È la stesso, isterico interesse che si percepisce oggi attorno a noi, dove l’obiettivo fondamentale di molti uomini è quello della sopravvivenza, e l’uomo, pur di perseguire la salvaguardia del proprio corpo, è disposto a rinunciare a quasi tutte le richieste dell’anima e dello spirito: la cultura, l’arte, l’amicizia, la convivialtà, perfino gli affetti.

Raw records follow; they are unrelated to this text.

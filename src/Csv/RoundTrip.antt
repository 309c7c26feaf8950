-- ===== src/Csv/RoundTrip.antt =====
-- Reading back what `csv.DictWriter` wrote, for backend/app/modules/products_catalog/csv_io.py.
use retail_os.Prelude.Rows.{length, All}
use mathlib.Core.List.{append_assoc, append-nil}
use Prim.Native.Char.{Char, code}
use text.Mathlib.TextEquality.{Char-path}
use retail_os.Prelude.{
  ◌≤◌, ==_iff, Bool, true, false, List, [], ◌∷◌, ◌++◌, ◌≡◌, refl, ◌∙◌, arith, if◌then◌else◌,
  Bool-cases, inl, inr, ap, ◌⊎◌, ◌≢◌,
}
use retail_os.Csv.Wire.{
  Text, Mode, start_record, start_field, in_field, in_quoted_field, quote_in_quoted_field, Reader,
  Rows, next, done, read, read_rows, write_field, write_row, write_rows, doubled, needs_quotes,
  comma, quote, return, newline, fresh, is, is_special,
}

abbrev at : Mode → Text → List Text → Reader
at m f fs = record { mode = m; field = f; fields = fs }

-- one character of a field that needs no quotes
read-plain :
    (c : Char) (cs f : Text) (fs : List Text)
    → is_special c ≡ false
    → read (at in_field f fs) true (c ∷ cs) ≡ read (at in_field (f ++ c ∷ []) fs) true cs
unfolding read
read-plain c cs f fs h = ground arith

read-needs_quotes :
    (cs rest f : Text) (fs : List Text)
    → needs_quotes cs ≡ false
    → read (at in_field f fs) true (cs ++ rest) ≡ read (at in_field (f ++ cs) fs) true rest
unfolding needs_quotes
read-needs_quotes [] rest f fs h = rw (append-nil f) refl
read-needs_quotes (c ∷ cs) rest f fs h =
    read-plain c (cs ++ rest) f fs (ground arith)
    ∙ read-needs_quotes cs rest (f ++ c ∷ []) fs (ground arith)
    ∙ rw (append_assoc f (c ∷ []) cs) refl

-- one character inside quotes, and a doubled quote
read-quoted :
    (c : Char) (cs f : Text) (fs : List Text) (b : Bool)
    → is c quote ≡ false
    → read (at in_quoted_field f fs) b (c ∷ cs)
      ≡ read (at in_quoted_field (f ++ c ∷ []) fs) (if is c newline then false else true) cs
unfolding read
read-quoted c cs f fs b h = ground arith

is-≡ : (c d : Char) → is c d ≡ true → c ≡ d
is-≡ c d h = Char-path c d ((==_iff (code c) (code d)).0 h)

not_special :
    (c : Char)
    → is_special c ≡ false
    → (is c comma ≡ false) × (is c quote ≡ false) × (is c return ≡ false) × (is c newline ≡ false)
not_special c h = ground arith

read-doubled :
    (cs rest f : Text) (fs : List Text) (b : Bool)
    → read (at in_quoted_field f fs) b (doubled cs ++ quote ∷ rest)
      ≡ read (at quote_in_quoted_field (f ++ cs) fs) true rest
unfolding doubled read
read-doubled [] rest f fs b = rw (append-nil f) refl
read-doubled (c ∷ cs) rest f fs b = elim (Bool-cases (is c quote)) [
  | inl e ↦
      rw (is-≡ c quote e)
        (read-doubled cs rest (f ++ quote ∷ []) fs true ∙ rw (append_assoc f (quote ∷ []) cs) refl)
  | inr e ↦ rw e (
      read-quoted c (doubled cs ++ quote ∷ rest) f fs b e
      ∙ read-doubled cs rest (f ++ c ∷ []) fs _
      ∙ rw (append_assoc f (c ∷ []) cs) refl)
]

-- the two ways in which a field can end
end-comma :
    (m : Mode) (f rest : Text) (fs : List Text)
    → (m ≡ in_field) ⊎ (m ≡ quote_in_quoted_field)
    → read (at m f fs) true (comma ∷ rest) ≡ read (at start_field [] (fs ++ f ∷ [])) true rest
unfolding read
end-comma m f rest fs (inl e) = rw e refl
end-comma m f rest fs (inr e) = rw e refl

end-return :
    (m : Mode) (f rest : Text) (fs : List Text)
    → (m ≡ in_field) ⊎ (m ≡ quote_in_quoted_field)
    → read (at m f fs) true (return ∷ newline ∷ rest) ≡ next (fs ++ f ∷ []) (read fresh false rest)
unfolding read
end-return m f rest fs (inl e) = rw e refl
end-return m f rest fs (inr e) = rw e refl

-- Where a field begins: at the start of a record, or after a comma.
first-plain :
    (m : Mode) (b : Bool) (c : Char) (cs : Text) (fs : List Text)
    → (m ≡ start_record) ⊎ (m ≡ start_field)
    → is_special c ≡ false
    → read (at m [] fs) b (c ∷ cs) ≡ read (at in_field (c ∷ []) fs) true cs
unfolding read
first-plain m b c cs fs (inl e) h = let (p, q, r, n) = not_special c h in rw e (simp (p, q, r, n))
first-plain m b c cs fs (inr e) h = let (p, q, r, n) = not_special c h in rw e (simp (p, q, r, n))

first-quote :
    (m : Mode) (b : Bool) (cs : Text) (fs : List Text)
    → (m ≡ start_record) ⊎ (m ≡ start_field)
    → read (at m [] fs) b (quote ∷ cs) ≡ read (at in_quoted_field [] fs) true cs
unfolding read
first-quote m b cs fs (inl e) = rw e refl
first-quote m b cs fs (inr e) = rw e refl

-- a field that is not empty, read up to what follows it
read-field :
    (m : Mode) (b : Bool) (f rest : Text) (fs : List Text)
    → (m ≡ start_record) ⊎ (m ≡ start_field)
    → f ≢ []
    → (n : Mode) × ((n ≡ in_field) ⊎ (n ≡ quote_in_quoted_field))
      × (read (at m [] fs) b (write_field f ++ rest) ≡ read (at n f fs) true rest)
unfolding write_field needs_quotes
read-field m b [] rest fs s ne = absurd (ne refl)
read-field m b (c ∷ cs) rest fs s ne = elim (Bool-cases (needs_quotes (c ∷ cs))) [
  | inl e ↦ (
    quote_in_quoted_field,
    inr refl,
    rw e (
        ap (λ t. read (at m [] fs) b (quote ∷ t))
          (append_assoc (doubled (c ∷ cs)) (quote ∷ []) rest)
        ∙ first-quote m b _ fs s
        ∙ read-doubled (c ∷ cs) rest [] fs true),
  )
  | inr e ↦ (
    in_field,
    inl refl,
    rw e (
        first-plain m b c (cs ++ rest) fs s (ground arith)
        ∙ read-needs_quotes cs rest (c ∷ []) fs (ground arith)),
  )
]

field-comma :
    (m : Mode) (b : Bool) (f rest : Text) (fs : List Text)
    → (m ≡ start_record) ⊎ (m ≡ start_field)
    → read (at m [] fs) b (write_field f ++ comma ∷ rest)
      ≡ read (at start_field [] (fs ++ f ∷ [])) true rest
unfolding write_field needs_quotes read
field-comma m b [] rest fs (inl e) = rw e refl
field-comma m b [] rest fs (inr e) = rw e refl
field-comma m b (c ∷ cs) rest fs s =
    let (n, k, e) = read-field m b (c ∷ cs) (comma ∷ rest) fs s cc in
    e ∙ end-comma n (c ∷ cs) rest fs k

field-return :
    (f rest : Text) (fs : List Text)
    → read (at start_field [] fs) true (write_field f ++ return ∷ newline ∷ rest)
      ≡ next (fs ++ f ∷ []) (read fresh false rest)
unfolding write_field needs_quotes read
field-return [] rest fs = refl
field-return (c ∷ cs) rest fs =
    let (n, k, e) =
      read-field start_field true (c ∷ cs) (return ∷ newline ∷ rest) fs (inr refl) cc in
    e ∙ end-return n (c ∷ cs) rest fs k

-- the fields behind the first one
later_fields :
    (g : Text) (gs : List Text) (rest : Text) (fs : List Text)
    → read (at start_field [] fs) true (write_row (g ∷ gs) ++ rest)
      ≡ next (fs ++ g ∷ gs) (read fresh false rest)
unfolding write_row
later_fields g [] rest fs =
    ap (read (at start_field [] fs) true)
      (append_assoc (write_field g) (return ∷ newline ∷ []) rest)
    ∙ field-return g rest fs
later_fields g (h ∷ gs) rest fs =
    ap (read (at start_field [] fs) true)
      (append_assoc (write_field g) (comma ∷ write_row (h ∷ gs)) rest)
    ∙ field-comma start_field true g _ fs (inr refl)
    ∙ later_fields h gs rest (fs ++ g ∷ [])
    ∙ rw (append_assoc fs (g ∷ []) (h ∷ gs)) refl

read-write_row :
    (r : List Text) (rest : Text)
    → 2 ≤ length r
    → read fresh false (write_row r ++ rest) ≡ next r (read fresh false rest)
unfolding write_row
read-write_row [] rest h = absurd (omega (arith, h))
read-write_row (f ∷ []) rest h = absurd (omega (arith, h))
read-write_row (f ∷ g ∷ fs) rest h =
    ap (read fresh false) (append_assoc (write_field f) (comma ∷ write_row (g ∷ fs)) rest)
    ∙ field-comma start_record false f _ [] (inl refl)
    ∙ later_fields g fs rest (f ∷ [])

-- the rows of a table, none of them broken
pub rows_of : List (List Text) → Rows
rows_of [] = done
rows_of (r ∷ rs) = next r (rows_of rs)

-- What the writer of csv.DictWriter makes of rows of two or more cells, whatever characters the cells
-- hold, is read back by csv.reader as the same rows.
pub read_rows-write_rows :
    (rs : List (List Text)) → All (λ r. 2 ≤ length r) rs → read_rows (write_rows rs) ≡ rows_of rs
unfolding read_rows write_rows rows_of read
read_rows-write_rows [] h = refl
read_rows-write_rows (r ∷ rs) h =
    read-write_row r (write_rows rs) h.0 ∙ ap (next r) (read_rows-write_rows rs h.1)
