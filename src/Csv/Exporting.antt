-- ===== src/Csv/Exporting.antt =====
-- A file that `write_products_csv` of backend/app/modules/products_catalog/csv_io.py writes, as
-- `csv.DictReader` reads it.
use retail_os.Csv.Groups.{get}
use retail_os.Prelude.{true, false}
use retail_os.Csv.Numbers.{str_int, str_decimal}
use retail_os.Prelude.Related.{Related}
use retail_os.Csv.Values.{chars, parse_bool}
use retail_os.Csv.RoundTrip.{read_rows-write_rows, rows_of}
use retail_os.Csv.Wire.{Text, read_rows}
use retail_os.Prelude.Rows.{length, All}
use retail_os.Prelude.{true, refl, none, some, Option, Bool, [], arith, ◌∷◌, map, ◌≡◌, ◌≤◌, List}
use retail_os.Csv.Export.{
  write_bool, write_none, export_columns, table, ProductExportRow, write_products_csv, serialize,
}

wide : (rows : List ProductExportRow) → All (λ r. 2 ≤ length r) (map serialize rows)
unfolding serialize
wide [] = tt
wide (row ∷ rows) = (omega arith, wide rows)

-- the cell of a column that may be empty
abbrev pub IsCell : {A : Type 0} → (A → Text) → Option A → Option Text → Type 0
IsCell write none c = c ≡ some []
IsCell write (some x) c = c ≡ some (write x)

-- A flag, as the import reads it, whatever its default.
abbrev pub IsFlag : Bool → Option Text → Type 0
IsFlag b c = (default : Bool) → parse_bool c default ≡ b

-- Under the name of each column stands the field of the row: a text as it is, a number as `str` writes
-- it, a flag in the words that the import knows, and nothing for None.
pub record IsExported (header : List Text) (row : ProductExportRow) (cells : List Text)
    : Type 0 where
  pub sku : get header cells "sku" ≡ some (chars row.sku)
  pub name : get header cells "name" ≡ some (chars row.name)
  pub description : IsCell chars row.description (get header cells "description")
  pub category : IsCell chars row.category (get header cells "category")
  pub brand : IsCell chars row.brand (get header cells "brand")
  pub unit : get header cells "unit" ≡ some (chars row.unit)
  pub gender : IsCell chars row.gender (get header cells "gender")
  pub season : IsCell chars row.season (get header cells "season")
  pub age_group : IsCell chars row.age_group (get header cells "age_group")
  pub hsn_code : IsCell chars row.hsn_code (get header cells "hsn_code")
  pub tax_percent : IsCell str_decimal row.tax_percent (get header cells "tax_percent")
  pub track_inventory : IsFlag row.track_inventory (get header cells "track_inventory")
  pub allow_negative_stock :
      IsFlag row.allow_negative_stock (get header cells "allow_negative_stock")
  pub low_stock_threshold :
      IsCell str_int row.low_stock_threshold (get header cells "low_stock_threshold")
  pub is_active : IsFlag row.is_active (get header cells "is_active")
  pub variant_sku : get header cells "variant_sku" ≡ some (chars row.variant_sku)
  pub size : IsCell chars row.size (get header cells "size")
  pub color : IsCell chars row.color (get header cells "color")
  pub purchase_price : get header cells "purchase_price" ≡ some (str_decimal row.purchase_price)
  pub selling_price : get header cells "selling_price" ≡ some (str_decimal row.selling_price)
  pub mrp : IsCell str_decimal row.mrp (get header cells "mrp")

written-IsCell :
    {A : Type 0} (write : A → Text) (o : Option A) → IsCell write o (some (write_none write o))
written-IsCell write none = refl
written-IsCell write (some x) = refl

written-IsFlag : (b : Bool) → IsFlag b (some (write_bool b))
unfolding parse_bool
written-IsFlag true = λ default. refl
written-IsFlag false = λ default. refl

abbrev columns : List Text
columns = map chars export_columns

serialize-IsExported : (row : ProductExportRow) → IsExported columns row (serialize row)
unfolding serialize
serialize-IsExported row = record {
  sku = refl;
  name = refl;
  description = written-IsCell chars row.description;
  category = written-IsCell chars row.category;
  brand = written-IsCell chars row.brand;
  unit = refl;
  gender = written-IsCell chars row.gender;
  season = written-IsCell chars row.season;
  age_group = written-IsCell chars row.age_group;
  hsn_code = written-IsCell chars row.hsn_code;
  tax_percent = written-IsCell str_decimal row.tax_percent;
  track_inventory = written-IsFlag row.track_inventory;
  allow_negative_stock = written-IsFlag row.allow_negative_stock;
  low_stock_threshold = written-IsCell str_int row.low_stock_threshold;
  is_active = written-IsFlag row.is_active;
  variant_sku = refl;
  size = written-IsCell chars row.size;
  color = written-IsCell chars row.color;
  purchase_price = refl;
  selling_price = refl;
  mrp = written-IsCell str_decimal row.mrp;
}

serialize-all :
    (rows : List ProductExportRow) → Related (IsExported columns) rows (map serialize rows)
serialize-all [] = tt
serialize-all (row ∷ rows) = (serialize-IsExported row, serialize-all rows)

-- An exported file is read back, whatever characters its texts hold, as a header and one row of cells for
-- each exported row, in order. Under the name of each column, the cells hold that field of the row: a
-- text as it is, a number as `str` writes it, a flag as a word that the import reads as that flag, and
-- the empty text for None.
pub read-write_products_csv :
    (rows : List ProductExportRow)
    → (header : List Text) × (cells : List (List Text)) × (read_rows (write_products_csv rows)
        ≡ rows_of (header ∷ cells))
      × Related (IsExported header) rows cells
unfolding write_products_csv
read-write_products_csv rows = (
  columns,
  map serialize rows,
  read_rows-write_rows (table rows) (omega arith, wide rows),
  serialize-all rows,
)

Così la vita si riduce a una sorta di non-vita, al puro piano materialistico. Così, al tempo del Covid, la salute non può essere il risultato di uno stato naturale, che scaturisca dall’equilibrio di vita fisica e emotiva: deve invece essere il risultato di una medicalizzazione imposta dall’esterno, i cui tempi e modi sono parimenti imposti dall’esterno, insieme a somministrazioni di farmaci e certificati. Nessuna autonomia viene data all’uomo di oggi dal potere politico-sanitario, circa la determinazione individuale delle proprie condizioni e le scelte sulla propria salute. La determinazione viene imposta da fuori e l’uomo di oggi, come l’ultimo uomo di Nietzsche, si sottopone per lo più senza ribellioni, pur di essere uguale agli altri (pena la perdita del lavoro e il proprio posto nella società).

Come l’ultimo uomo anche noi arriviamo ad accettare, non sempre inconsapevolmente, un po’ di veleno pur di continuare a far parte del gregge. È nel gregge che l’ultimo uomo pascola felice, perché il suo maggior desiderio è essere e sentirsi uguale agli altri: « Niente pastore e un sol gregge!. Tutti vogliono  la stessa cosa. Tutti uguali. Chi la pensa diversamente va da sé al manicomio».

Persino la morte è una morte medicata, perché una giusta dose di veleno solleva dalla sofferenza e permette di morire piacevolmente: «Un po’ di veleno, di tanto in tanto:  procura piacevoli sogni. E una buona dose di veleno, alla fine, per morire piacevolmente».